Римское | страница 3



Нашей семнадцатилетней повезло — ее муж, еврей, прошедший «по этапу» раньше, везде оставил ее имя. Ее знали, ее ждали и не выгоняли из еврейской организации в бедный Толстовский фонд, как всех русских. Была ли она признательна и благодарна? Нет, наверное. В семнадцать лет многое воспринимается как должное.

Есть дети как дети — они, конечно, не слушаются родителей, но инстинкт самосохранения — в нежном возрасте это, наверное, страх и трусость — не пустит их на крышу поезда, едущего в неизвестность. Но есть дети, которые всегда хотят убежать, чего бы это ни стоило. И если это не удается в десять лет, то уж в семнадцать-то… Главное для них — сделать по-своему. Последствия, пусть и плачевные, им не важны. Они все хотят сами попробовать, все сами пережить и сами узнать. Как странно, что ее муж, на двадцать лет старше, не заметил этого оскала дикого волчонка на всех ее детских фотографиях, которые обожал разглядывать. В семнадцать лет все только обострилось на этой татаро-азиатской физиономии! И даже дилетант художник угадывал в ее взгляде побег, своеволие. Видимо, муж сам был упрям и решил, что все эти «штучки» легко будет подчинить его воле. Либо он не был художником, даже дилетантом.

Ее римские маршруты не были туристическими. То есть они всегда пролегали рядом с историческими достопримечательностями, иначе в Риме быть и не может, но выбирались ею не из-за них. Она не говорила себе: «Ах, взгрустнулось. Развеюсь у Черного лаписа — могилы основателя Рима…» Или: «Семейство Боргезе…» В Америке, через годы, она будет покупать духи марки «Маркиза Боргезе», а в сады их палаццо в Риме она ходила из-за садов и базара справа от охрового фасада.

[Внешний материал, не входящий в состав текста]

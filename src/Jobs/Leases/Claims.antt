-- ===== src/Jobs/Leases/Claims.antt =====
-- What a lease that `claim_job` granted keeps from other workers.
use lil_tweak.Prelude.{
  ◌+◌, ℕ, ◌<◌, ◌≡◌, ◌≢◌, inl, inr, not, ◌||◌, String, some, nat_eq, ◌==◌, string_Eq, ok, arith,
  Bool-cases, Option-cases,
}
use lil_tweak.Prelude.Text.{is_blank}
use lil_tweak.Prelude.Table.{get, get-put_self}
use lil_tweak.Jobs.Model.{JobLease, JobStore}
use lil_tweak.Jobs.Leases.{claim_job, lease_generation, is_settled, is_unclaimed}

-- The lease that a claim grants is stored, for its job, under the next generation.
pub record IsGranted (id : String) (s t : JobStore) (lease : JobLease) : Type 0 where
  pub of_job : lease.job_id ≡ id
  pub numbered : lease.generation ≡ lease_generation id s + 1
  pub counted : lease_generation id t ≡ lease.generation
  pub held : get id t.claims ≡ some lease

pub claim-IsGranted :
    (id owner worker : String) (seconds now : ℕ) (s t : JobStore) (lease : JobLease)
    → claim_job id owner worker seconds now s ≡ (ok (some lease), t)
    → IsGranted id s t lease
unfolding claim_job
claim-IsGranted id owner worker seconds now s t lease h =
    elim (Bool-cases (is_blank worker || nat_eq seconds 0)) [
      | inl bad ↦ ground (arith, h, bad)
      | inr good ↦ elim (Option-cases (get id s.jobs)) [
        | inl missing ↦ ground (arith, h, good, missing)
        | inr (job, found) ↦
            elim (Bool-cases (not (job.owner_id == owner) || is_settled job.state)) [
              | inl other ↦ ground (arith, h, good, found, other)
              | inr its ↦ elim (Bool-cases (is_unclaimed (get id s.claims) now)) [
                | inr kept ↦ ground (arith, h, good, found, its, kept)
                | inl unheld ↦ record {
                  of_job = ground (arith, h, good, found, its, unheld);
                  numbered = ground (arith, h, good, found, its, unheld);
                  counted = ground (
                    arith,
                    h,
                    good,
                    found,
                    its,
                    unheld,
                    get-put_self id (lease_generation id s + 1) s.lease_generations,
                  );
                  held =
                      ground (arith, h, good, found, its, unheld, get-put_self id lease s.claims);
                }
              ]
            ]
      ]
    ]

-- While a lease that `claim_job` granted lasts, no worker gets another one on the job, and asking for one changes nothing.
pub job_lease_is_exclusive :
    (id owner worker : String) (seconds now : ℕ) (s t : JobStore) (lease : JobLease)
    (owner' worker' : String) (seconds' now' : ℕ)
    → claim_job id owner worker seconds now s ≡ (ok (some lease), t)
    → now' < lease.expires_at
    → ((claim_job id owner' worker' seconds' now' t).1 ≡ t)
      × ((other : JobLease) → (claim_job id owner' worker' seconds' now' t).0 ≢ ok (some other))
unfolding claim_job
job_lease_is_exclusive id owner worker seconds now s t lease owner' worker' seconds' now' h lasts =
    let held = (claim-IsGranted id owner worker seconds now s t lease h).held in
    (ground (arith, held, lasts), λ other e. ground (arith, held, lasts, e))
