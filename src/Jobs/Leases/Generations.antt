-- ===== src/Jobs/Leases/Generations.antt =====
-- The counts from which `claim_job` takes the generation of a lease: no other call changes them.
use lil_tweak.Prelude.{
  ℕ, ◌≡◌, ◌≤◌, ◌+◌, refl, ◌⊎◌, inl, inr, String, some, none, List, [], ◌∷◌, find, string_Eq,
  pair_Eq, arith, Bool-cases, Option-cases, Result-cases, eq_iff, ◌==◌,
}
use lil_tweak.Prelude.Sorting.{sort_by}
use lil_tweak.Prelude.Table.{Table, get, put, values, get-put, get-put_at}
use lil_tweak.Json.{Fields}
use lil_tweak.Contracts.{JobState}
use lil_tweak.Jobs.Model.{Job, JobLease, JobStore}
use lil_tweak.Jobs.Events.{append_event_locked, append_event}
use lil_tweak.Jobs.Updates.{JobRequest, create_job, JobChange, update_job, transition_job}
use lil_tweak.Jobs.Cancels.{request_cancel_idempotent}
use lil_tweak.Jobs.Approvals.{Verdict, decide_job_idempotent, reject_job, approve_job}
use lil_tweak.Jobs.Approvals.Exports.{Use, Export, consume_export_idempotent}
use lil_tweak.Jobs.Leases.{
  claim_job, renew_claim, reconcile_active_jobs, reconcile_jobs, recover_job, recovery_target,
  approves_job, recovered_jobs, job_before, lease_generation,
}

append-generations :
    (id kind : String) (d : Fields) (now : ℕ) (s : JobStore)
    → (append_event_locked id kind d now s).1.lease_generations ≡ s.lease_generations
unfolding append_event_locked
append-generations id kind d now s = ground arith

pub renew-generations :
    (l : JobLease) (seconds now : ℕ) (s : JobStore)
    → (renew_claim l seconds now s).1.lease_generations ≡ s.lease_generations
unfolding renew_claim
renew-generations l seconds now s = ground arith

pub update-generations :
    (id owner : String) (revision : ℕ) (c : JobChange) (now : ℕ) (s : JobStore)
    → (update_job id owner revision c now s).1.lease_generations ≡ s.lease_generations
unfolding update_job
update-generations id owner revision c now s = ground arith

pub transition-generations :
    (id owner : String) (revision : ℕ) (c : JobChange) (kind : String) (d : Fields) (now : ℕ)
    (s : JobStore)
    → (transition_job id owner revision c kind d now s).1.lease_generations ≡ s.lease_generations
unfolding transition_job update_job append_event_locked
transition-generations id owner revision c kind d now s = ground arith

pub cancel-generations :
    (id owner : String) (revision : ℕ) (key hash : String) (now : ℕ) (s : JobStore)
    → (request_cancel_idempotent id owner revision key hash now s).1.lease_generations
      ≡ s.lease_generations
unfolding request_cancel_idempotent append_event_locked
cancel-generations id owner revision key hash now s = ground arith

pub decide-generations :
    (id owner : String) (revision : ℕ) (v : Verdict) (now : ℕ) (s : JobStore)
    → (decide_job_idempotent id owner revision v now s).1.lease_generations ≡ s.lease_generations
unfolding decide_job_idempotent reject_job approve_job append_event_locked
decide-generations id owner revision v now s = ground arith

pub export-generations :
    (sha256 : String → String) (u : Use) (x : Export) (now : ℕ) (s : JobStore)
    → (consume_export_idempotent sha256 u x now s).1.lease_generations ≡ s.lease_generations
unfolding consume_export_idempotent append_event_locked
export-generations sha256 u x now s = ground arith

pub log-generations :
    (id owner kind : String) (d : Fields) (now : ℕ) (s : JobStore)
    → (append_event id owner kind d now s).1.lease_generations ≡ s.lease_generations
unfolding append_event append_event_locked
log-generations id owner kind d now s = ground arith

pub create-generations :
    (fingerprint : JobRequest → String) (r : JobRequest) (id : String) (now : ℕ) (s : JobStore)
    → (create_job fingerprint r id now s).1.lease_generations ≡ s.lease_generations
unfolding create_job
create-generations fingerprint r id now s = ground arith

claim-generations :
    (id owner worker : String) (seconds now : ℕ) (s : JobStore)
    → ((claim_job id owner worker seconds now s).1.lease_generations ≡ s.lease_generations)
      ⊎ ((claim_job id owner worker seconds now s).1.lease_generations
          ≡ put id (lease_generation id s + 1) s.lease_generations)
unfolding claim_job
claim-generations id owner worker seconds now s = ground arith

abbrev pub count_of : String → Table String ℕ → ℕ
count_of k g = elim (get k g) [ none ↦ 0 | some n ↦ n ]

pub same-generation : (k : String) (g h : Table String ℕ) → h ≡ g → count_of k g ≤ count_of k h
same-generation k g h e = rw e (omega arith)

next-generation :
    (id k : String) (g h : Table String ℕ)
    → h ≡ put id (count_of id g + 1) g
    → count_of k g ≤ count_of k h
next-generation id k g h e = elim (Bool-cases (id == k)) [
  | inl at_k ↦
      ground (
        arith,
        e,
        (eq_iff id k).0 at_k,
        get-put_at id k (count_of id g + 1) g ((eq_iff id k).0 at_k),
      )
  | inr other ↦ ground (arith, e, other, get-put id k (count_of id g + 1) g)
]

pub claim-generation :
    (id owner worker : String) (seconds now : ℕ) (s : JobStore) (k : String)
    → lease_generation k s ≤ lease_generation k (claim_job id owner worker seconds now s).1
claim-generation id owner worker seconds now s k =
    elim (claim-generations id owner worker seconds now s) [
      | inl e ↦ same-generation k s.lease_generations _ e
      | inr e ↦ next-generation id k s.lease_generations _ e
    ]

recover-generations :
    (job : Job) (target : JobState) (now : ℕ) (s : JobStore)
    → (recover_job job target now s).1.lease_generations ≡ s.lease_generations
unfolding recover_job append_event_locked
recover-generations job target now s = ground arith

reconcile_jobs-generations :
    (xs : List Job) (now limit : ℕ) (recovered : List Job) (s : JobStore)
    → (reconcile_jobs xs now limit recovered s).1.lease_generations ≡ s.lease_generations
unfolding reconcile_jobs
reconcile_jobs-generations [] now limit recovered s = refl
reconcile_jobs-generations (x ∷ xs) now limit recovered s =
    elim (Option-cases (recovery_target x (find (approves_job x) (values s.approvals)) now)) [
      | inl p ↦ ground (arith, p, reconcile_jobs-generations xs now limit recovered s)
      | inr (target, p) ↦ elim (Result-cases (recover_job x target now s).0) [
        | inr (e, q) ↦ ground (
          arith,
          p,
          q,
          recover-generations x target now s,
          reconcile_jobs-generations xs now limit recovered s,
        )
        | inl (job, q) ↦ ground (
          arith,
          p,
          q,
          recover-generations x target now s,
          reconcile_jobs-generations xs now limit recovered s,
          reconcile_jobs-generations xs now limit (recovered_jobs target job recovered)
              (recover_job x target now s).1,
        )
      ]
    ]

pub reconcile-generations :
    (now limit : ℕ) (s : JobStore)
    → (reconcile_active_jobs now limit s).1.lease_generations ≡ s.lease_generations
unfolding reconcile_active_jobs
reconcile-generations now limit s =
    reconcile_jobs-generations (sort_by job_before (values s.jobs)) now limit [] s
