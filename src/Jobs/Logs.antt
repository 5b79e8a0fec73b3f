-- ===== src/Jobs/Logs.antt =====
-- The event logs of `MemoryJobStore` over any sequence of its calls.
pub mod Steps
pub mod Decisions
pub mod Runs
pub mod Kept
pub mod Spent
use lil_tweak.Prelude.{
  ℕ, ◌+◌, ◌≡◌, refl, sym, ◌∙◌, ap, Bool, true, false, String, Option, some, none, List, [], ◌∷◌,
  ◌++◌, length, string_Eq, Result, ok, err, arith, inl, inr,
}
use lil_tweak.Prelude.Table.{get, put, put_found}
use lil_tweak.Json.{Fields}
use lil_tweak.Jobs.Model.{Job, JobEvent, JobLease, Approval, JobStore}
use lil_tweak.Jobs.Events.{append_event_locked, append_event}
use lil_tweak.Jobs.Nonces.{consume_nonce}
use lil_tweak.Jobs.Updates.{JobRequest, create_job, JobChange, update_job, transition_job}
use lil_tweak.Jobs.Cancels.{request_cancel, request_cancel_idempotent, record_decision}
use lil_tweak.Jobs.Approvals.{Verdict, decide_job_idempotent}
use lil_tweak.Jobs.Approvals.Exports.{
  Use, Export, create_approval, consume_approval, consume_export_idempotent,
}
use lil_tweak.Jobs.Leases.{claim_job, renew_claim, release_claim, reconcile_active_jobs}

-- The functions that the store takes from libraries: the fingerprint of a request, and SHA-256.
pub record Digesters : Type 0 where
  pub fingerprint : JobRequest → String
  pub sha256 : String → String

-- A call of a method that changes the state, with its arguments, the clock's reading, and the new
-- UUID where the method makes one.
pub data JobCall : Type 0 where
  nonce : String → String → ℕ → ℕ → JobCall
  claim : String → String → String → ℕ → ℕ → JobCall
  renew : JobLease → ℕ → ℕ → JobCall
  release : JobLease → JobCall
  reconcile : ℕ → ℕ → JobCall
  create : JobRequest → String → ℕ → JobCall
  update : String → String → ℕ → JobChange → ℕ → JobCall
  cancel : String → String → ℕ → ℕ → JobCall
  cancel_once : String → String → ℕ → String → String → ℕ → JobCall
  decide : String → String → ℕ → Verdict → ℕ → JobCall
  export : Use → Export → ℕ → JobCall
  log : String → String → String → Fields → ℕ → JobCall
  move : String → String → ℕ → JobChange → String → Fields → ℕ → JobCall
  approve : Approval → ℕ → JobCall
  use_approval : String → Use → ℕ → JobCall
  record_answer : String → String → String → String → JobCall

-- The state that a call leaves, with or without an exception.
unfoldable pub job_after : Digesters → JobCall → JobStore → JobStore
job_after d (nonce key_id value now later) s = (consume_nonce key_id value now later s).1
job_after d (claim id owner worker seconds now) s = (claim_job id owner worker seconds now s).1
job_after d (renew lease seconds now) s = (renew_claim lease seconds now s).1
job_after d (release lease) s = release_claim lease s
job_after d (reconcile now limit) s = (reconcile_active_jobs now limit s).1
job_after d (create r id now) s = (create_job d.fingerprint r id now s).1
job_after d (update id owner revision c now) s = (update_job id owner revision c now s).1
job_after d (cancel id owner revision now) s = (request_cancel id owner revision now s).1
job_after d (cancel_once id owner revision key hash now) s =
    (request_cancel_idempotent id owner revision key hash now s).1
job_after d (decide id owner revision v now) s = (decide_job_idempotent id owner revision v now s).1
job_after d (export u x now) s = (consume_export_idempotent d.sha256 u x now s).1
job_after d (log id owner kind data_fields now) s = (append_event id owner kind data_fields now s).1
job_after d (move id owner revision c kind data_fields now) s =
    (transition_job id owner revision c kind data_fields now s).1
job_after d (approve a now) s = (create_approval a now s).1
job_after d (use_approval token u now) s = (consume_approval d.sha256 token u now s).1
job_after d (record_answer owner key hash id) s = (record_decision owner key hash id s).1

unfoldable pub job_run : Digesters → List JobCall → JobStore → JobStore
job_run d [] s = s
job_run d (c ∷ cs) s = job_run d cs (job_after d c s)

-- A new job's id has no events yet.
abbrev pub IsNewId : JobCall → JobStore → Type 0
IsNewId (create r id now) s = get id s.events ≡ none
IsNewId _ s = Unit

abbrev pub IsNewRun : Digesters → List JobCall → JobStore → Type 0
IsNewRun d [] s = Unit
IsNewRun d (c ∷ cs) s = IsNewId c s × IsNewRun d cs (job_after d c s)

-- What happens to the logs: nothing, a new log, or one event behind the others of its job.
pub data LogStep (s t : JobStore) : Type 0 where
  same : t.events ≡ s.events → LogStep s t
  opened : (k : String) → get k s.events ≡ none → t.events ≡ put k [] s.events → LogStep s t
  logged :
      (k : String) (es : List JobEvent) (e : JobEvent)
      → get k s.events ≡ some es
      → e.sequence ≡ length es + 1
      → t.events ≡ put k (es ++ e ∷ []) s.events
      → LogStep s t

pub data LogSteps : JobStore → JobStore → Type 0 where
  done : {s : JobStore} → LogSteps s s
  next : {s t u : JobStore} → LogStep s t → LogSteps t u → LogSteps s u

-- The events of a list have the numbers from `n + 1` on.
abbrev pub IsNumbered : ℕ → List JobEvent → Type 0
IsNumbered n [] = Unit
IsNumbered n (e ∷ es) = (e.sequence ≡ n + 1) × IsNumbered (n + 1) es

pub IsNumbered-snoc :
    (n : ℕ) (es : List JobEvent) (e : JobEvent)
    → IsNumbered n es
    → e.sequence ≡ n + length es + 1
    → IsNumbered n (es ++ e ∷ [])
IsNumbered-snoc n [] e h p = (ground (arith, p), tt)
IsNumbered-snoc n (f ∷ es) e h p = (h.0, IsNumbered-snoc (n + 1) es e h.1 (ground (arith, p)))

pub record IsLogged (s : JobStore) : Type 0 where
  pub numbered : (k : String) (es : List JobEvent) → get k s.events ≡ some es → IsNumbered 0 es

pub step-IsLogged : (s t : JobStore) → LogStep s t → IsLogged s → IsLogged t
step-IsLogged s t (same e) i = record { numbered = rw e i.numbered }
step-IsLogged s t (opened k unused e) i = record {
  numbered = λ j es h. elim (put_found k j [] s.events (rw e at h)) [
    | inl (_, new) ↦ rw (← new) tt
    | inr (_, old) ↦ i.numbered j es old
  ];
}
step-IsLogged s t (logged k es e found number added) i = record {
  numbered = λ j fs h. elim (put_found k j (es ++ e ∷ []) s.events (rw added at h)) [
    | inl (_, new) ↦
        rw (← new) (IsNumbered-snoc 0 es e (i.numbered k es found) (ground (arith, number)))
    | inr (_, old) ↦ i.numbered j fs old
  ];
}

pub steps-IsLogged : {s t : JobStore} → LogSteps s t → IsLogged s → IsLogged t
steps-IsLogged done i = i
steps-IsLogged (next {s} {t} one rest) i = steps-IsLogged rest (step-IsLogged s t one i)
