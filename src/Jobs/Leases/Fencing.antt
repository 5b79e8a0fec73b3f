-- ===== src/Jobs/Leases/Fencing.antt =====
-- A lease of `MemoryJobStore` that was claimed again, after any calls.
use lil_tweak.Prelude.{
  ℕ, ◌+◌, ◌≤◌, ◌<◌, ◌≡◌, String, some, List, [], ◌∷◌, ok, err, arith, string_Eq,
}
use lil_tweak.Prelude.Table.{get}
use lil_tweak.Jobs.Model.{stale_lease, JobLease, JobStore}
use lil_tweak.Jobs.Nonces.{consume_nonce}
use lil_tweak.Jobs.Cancels.{request_cancel, record_decision}
use lil_tweak.Jobs.Approvals.Exports.{create_approval, consume_approval}
use lil_tweak.Jobs.Leases.{claim_job, renew_claim, release_claim, lease_generation}
use lil_tweak.Jobs.Leases.Claims.{claim-IsGranted}
use lil_tweak.Jobs.Leases.Generations.{
  renew-generations, update-generations, transition-generations, cancel-generations,
  decide-generations, export-generations, log-generations, create-generations, claim-generation,
  reconcile-generations, same-generation,
}
use lil_tweak.Jobs.Logs.{
  Digesters, JobCall, nonce, claim, renew, release, reconcile, create, update, cancel, cancel_once,
  decide, export, log, move, approve, use_approval, record_answer, job_after, job_run,
}

call-generation :
    (d : Digesters) (c : JobCall) (s : JobStore) (k : String)
    → lease_generation k s ≤ lease_generation k (job_after d c s)
unfolding job_after consume_nonce release_claim request_cancel create_approval consume_approval
    record_decision
call-generation d (nonce key_id value now later) s k =
    same-generation k s.lease_generations _ (ground arith)
call-generation d (claim id owner worker seconds now) s k =
    claim-generation id owner worker seconds now s k
call-generation d (renew lease seconds now) s k =
    same-generation k s.lease_generations _ (renew-generations lease seconds now s)
call-generation d (release lease) s k = same-generation k s.lease_generations _ (ground arith)
call-generation d (reconcile now limit) s k =
    same-generation k s.lease_generations _ (reconcile-generations now limit s)
call-generation d (create r id now) s k =
    same-generation k s.lease_generations _ (create-generations d.fingerprint r id now s)
call-generation d (update id owner revision c now) s k =
    same-generation k s.lease_generations _ (update-generations id owner revision c now s)
call-generation d (cancel id owner revision now) s k =
    same-generation k s.lease_generations _ (ground arith)
call-generation d (cancel_once id owner revision key hash now) s k =
    same-generation k s.lease_generations _ (cancel-generations id owner revision key hash now s)
call-generation d (decide id owner revision v now) s k =
    same-generation k s.lease_generations _ (decide-generations id owner revision v now s)
call-generation d (export u x now) s k =
    same-generation k s.lease_generations _ (export-generations d.sha256 u x now s)
call-generation d (log id owner kind data_fields now) s k =
    same-generation k s.lease_generations _ (log-generations id owner kind data_fields now s)
call-generation d (move id owner revision c kind data_fields now) s k =
    same-generation k s.lease_generations _
      (transition-generations id owner revision c kind data_fields now s)
call-generation d (approve a now) s k = same-generation k s.lease_generations _ (ground arith)
call-generation d (use_approval token u now) s k =
    same-generation k s.lease_generations _ (ground arith)
call-generation d (record_answer owner key hash id) s k =
    same-generation k s.lease_generations _ (ground arith)

le_trans : (a b c : ℕ) → a ≤ b → b ≤ c → a ≤ c
le_trans a b c p q = omega arith

run-generation :
    (d : Digesters) (calls : List JobCall) (s : JobStore) (k : String)
    → lease_generation k s ≤ lease_generation k (job_run d calls s)
unfolding job_run
run-generation d [] s k = omega arith
run-generation d (c ∷ cs) s k =
    le_trans _ _ _ (call-generation d c s k) (run-generation d cs (job_after d c s) k)

stale-IsRefused :
    (old held : JobLease) (seconds now : ℕ) (s : JobStore)
    → get old.job_id s.claims ≡ some held
    → old.generation < held.generation
    → (((renew_claim old (seconds + 1) now s) ≡ (err stale_lease, s))) × (release_claim old s ≡ s)
unfolding renew_claim release_claim
stale-IsRefused old held seconds now s found older = ground (arith, found, older)

-- When a job is claimed again after any calls, by whichever worker, the earlier lease of it can no longer be renewed, and releasing it changes nothing.
pub reclaimed_job_is_fenced :
    (d : Digesters) (id owner worker owner' worker' : String) (seconds seconds' now now' : ℕ)
    (calls : List JobCall) (s t v : JobStore) (old lease : JobLease) (more later : ℕ)
    → claim_job id owner worker seconds now s ≡ (ok (some old), t)
    → claim_job id owner' worker' seconds' now' (job_run d calls t) ≡ (ok (some lease), v)
    → (renew_claim old (more + 1) later v ≡ (err stale_lease, v)) × (release_claim old v ≡ v)
reclaimed_job_is_fenced d id owner worker owner' worker' seconds seconds' now now' calls s t v old
      lease more later first again =
    let a = claim-IsGranted id owner worker seconds now s t old first in
    let b = claim-IsGranted id owner' worker' seconds' now' (job_run d calls t) v lease again in
    let between = run-generation d calls t id in
    let older : old.generation < lease.generation =
      ground (arith, a.counted, b.numbered, between) in
    stale-IsRefused old lease more later v (rw a.of_job b.held) older
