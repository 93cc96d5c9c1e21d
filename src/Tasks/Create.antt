-- ===== src/Tasks/Create.antt =====
-- `Create`, `taskCreateRequestHash` and `readExistingTaskCreateTx` (internal/store/tasks.go).
-- `new_id` is the next value of the sequence of `fornix.tasks.id`, and `start` is `now()`.
use fornix.Base.{
  ℕ, String, str_eq, trim, is_empty, Bool, false, not, ◌&&◌, ◌||◌, Option, none, some, leb, ◌==◌,
  if◌then◌else◌, List, [], ◌∷◌, ◌++◌, Result, ok, err, ◌>>=◌, ◌>>◌, guard,
}
use fornix.Policy.Types.{byte_length}
use fornix.Event.Types.{EventEnvelope, ActorRef}
use fornix.Event.Normalize.{Env}
use fornix.Lease.{Clock}
use fornix.Tasks.Types.{
  TaskError, Task, TaskDependency, Database, TaskCreateInput, key_too_long, fields_required,
  bad_payload, dependency_missing, self_dependency, idempotency_conflict, record_missing,
}
use fornix.Tasks.Rules.{
  normalize_workspace, normalize_max_attempts, normalize_task_ids, sorted_strings,
}
use fornix.Tasks.Events.{TaskCalls, marshal_raw, new_task_event, task_status_delta, append_event}
use fornix.Tasks.Rows.{find_task, read_task}
use fornix.Tasks.Idempotency.{recorded_event}

-- The row that a key of a workspace created.
unfoldable pub find_created : List Task → String → String → Option Task
find_created [] workspace_id key = none
find_created (t ∷ ts) workspace_id key =
    let rest = find_created ts workspace_id key in
    let has_key : Bool = elim t.create_key [ none ↦ false | some k ↦ str_eq k key ] in
    if str_eq t.workspace_id workspace_id && has_key then some t else rest

-- The inserted row, and what the table gives the columns that the statement does not name.
abbrev pub created_row :
    {Raw : Type 0} → TaskCreateInput Raw → String → ℕ → ℕ → ℕ → ℕ → String → Task
created_row input workspace_id max_attempts id now start hash = record {
  id = id;
  workspace_id = workspace_id;
  title = trim input.title;
  brief = trim input.brief;
  required_capabilities = sorted_strings input.required_capabilities;
  assigned_session = none;
  status = "pending";
  result = none;
  created_by = trim input.created_by;
  origin_host = trim input.origin_host;
  attempts = 0;
  max_attempts = max_attempts;
  next_attempt_at = now;
  last_error = "";
  failure_class = "";
  retryable = none;
  execution_fence = 0;
  created_at = start;
  claimed_at = none;
  completed_at = none;
  cancelled_at = none;
  create_key =
      (if is_empty (trim input.idempotency_key) then none else some (trim input.idempotency_key));
  create_hash = (if is_empty (trim input.idempotency_key) then "" else hash);
}

abbrev pub existing_task : Option Task → Result TaskError Task
existing_task none = err dependency_missing
existing_task (some t) = ok t

module _ {Raw Evidence : Type 0} where
  -- The loop over the dependencies: each names a task of the workspace, other than the new one.
  unfoldable pub insert_dependencies :
      Database Raw Evidence → String → ℕ → List ℕ → Result TaskError (Database Raw Evidence)
  insert_dependencies db workspace_id task_id [] = ok db
  insert_dependencies db workspace_id task_id (d ∷ ds) = do
    _ ← existing_task (find_task db.tasks workspace_id d)
    guard (not (d == task_id)) self_dependency
    let row : TaskDependency = record {
      workspace_id = workspace_id;
      task_id = task_id;
      depends_on_task_id = d;
    }
    insert_dependencies (record db { dependencies = db.dependencies ++ row ∷ [] }) workspace_id
        task_id ds

  unfoldable pub read_existing_task_create :
      Database Raw Evidence → String → ℕ → String → Result TaskError (Task × EventEnvelope Raw)
  read_existing_task_create db workspace_id task_id key = do
    task ← read_task db workspace_id task_id
    r ← elim (db.events.records workspace_id key) [ none ↦ err record_missing | some r ↦ ok r ]
    event ← recorded_event db.events workspace_id r
    guard (str_eq event.event_type "task.created" && str_eq event.idempotency_key key)
        idempotency_conflict
    ok (task, event)

module _ {Raw Evidence : Type 0} (calls : TaskCalls Raw Evidence) where
  unfoldable pub task_create_request_hash :
      TaskCreateInput Raw → String → ℕ → List ℕ → Raw → Result TaskError String
  task_create_request_hash input workspace_id max_attempts dependencies payload =
      elim (calls.events.compact payload) [
        | none ↦ err bad_payload
        | some compact ↦ ok (
            calls.create_digest (record {
              workspace_id = workspace_id;
              title = trim input.title;
              brief = trim input.brief;
              required_capabilities = sorted_strings input.required_capabilities;
              created_by = trim input.created_by;
              max_attempts = max_attempts;
              depends_on = dependencies;
              payload = compact;
            }))
      ]

  -- The part behind the insertion of the row.
  unfoldable pub create_inserted :
      Env
      → Database Raw Evidence
      → TaskCreateInput Raw
      → String
      → Task
      → List ℕ
      → Raw
      → Result TaskError ((Task × EventEnvelope Raw) × Database Raw Evidence)
  create_inserted env db input workspace_id row dependencies payload = do
    db1 ←
        insert_dependencies (record db { tasks = db.tasks ++ row ∷ [] }) workspace_id row.id
          dependencies
    raw ← marshal_raw calls (some payload)
    base ←
        new_task_event calls env "task.created" raw workspace_id row.id "" ""
          (task_status_delta calls row.id "pending" ∷ [])
    let actor : ActorRef = record {
      id = trim input.created_by;
      kind = "principal";
      name = "";
      workspace_id = workspace_id;
    }
    (appended, db2) ←
        append_event calls env db1
          (record base { actor = actor; idempotency_key = trim input.idempotency_key })
    task ← read_task db2 workspace_id row.id
    ok ((task, appended), db2)

  -- A key that created a task already: the same request gets that task and its event.
  unfoldable pub create_existing :
      Database Raw Evidence
      → String
      → String
      → String
      → Task
      → Result TaskError ((Task × EventEnvelope Raw) × Database Raw Evidence)
  create_existing db workspace_id key hash existing = do
    guard (str_eq existing.create_hash hash) idempotency_conflict
    found ← read_existing_task_create db workspace_id existing.id key
    ok (found, db)

  unfoldable pub create :
      Env
      → Clock
      → ℕ
      → ℕ
      → Database Raw Evidence
      → TaskCreateInput Raw
      → Result TaskError ((Task × EventEnvelope Raw) × Database Raw Evidence)
  create env clock start new_id db input = do
    let w = normalize_workspace input.workspace_id
    let key = trim input.idempotency_key
    guard (leb (byte_length key) 256) key_too_long
    guard
        (not (
          is_empty (trim input.title)
          || is_empty (trim input.brief)
          || is_empty (trim input.created_by)))
        fields_required
    max_attempts ← normalize_max_attempts input.max_attempts
    let dependencies = normalize_task_ids input.depends_on
    let payload : Raw = elim input.payload [ none ↦ calls.events.json.empty_object | some p ↦ p ]
    hash ← task_create_request_hash input w max_attempts dependencies payload
    let row : Task = created_row input w max_attempts new_id (clock 0) start hash
    let existing = if is_empty key then none else find_created db.tasks w key
    elim existing [
      | none ↦ create_inserted env db input w row dependencies payload
      | some t ↦ create_existing db w key hash t
    ]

Ее образование и знания были какими-то дикими, как придорожные колючки, произрастали они где и как попало. Несмотря на то, что она почти окончила школу — девять классов — и восемь лет параллельно училась в музыкальной школе, преподаваемой истории она совершенно не помнила. Зато прочла уже в шестнадцать лет «Скотный двор» Оруэлла. Басня эта была настольной книгой отъезжающих, передавалась из рук в руки, давалась на одну ночь. Читать ее надо было, представляя на месте действующих лиц — животных — советских руководителей. Ей, тогда шестнадцатилетней девушке, это удавалось с трудом — она больше видела действительных свиней и боровов дачной соседки, владелицы шести десятин неплодовитой почвы под Ленинградом, удобряемой навозом и пометом ее же коров и кур. В «1984» ей запомнилась сцена с крысой. С томами «Архипелага ГУЛАГа» она ездила в московском метро, кладя книги в прозрачном мешочке на колени, смущая соседей и надеясь, что ее заберут в милицию. Ее не забирали. Архивариус Солженицын не покорил ее сердца, потому что в нем сердца она не нашла, и в мозгу осталась смесь некрофилии, предательства и какой-то древности. Она знала, кто такие Мина и Орнелла Ванони, и ничего не знала о Медичи. Когда ей сказали, что виллу их занимает Французская академия, то интуитивно (и правильно) она поняла, что это вроде советского дома творчества — чтобы попасть на виллу, не обязательно быть талантливым. Золотой Дом с останками Нерона вызвал в ней грусть и злость на русских — она уверенно думала, что останки Ивана Грозного не хранились и что экстремистская русская честность никак не подходит к сохранению истории.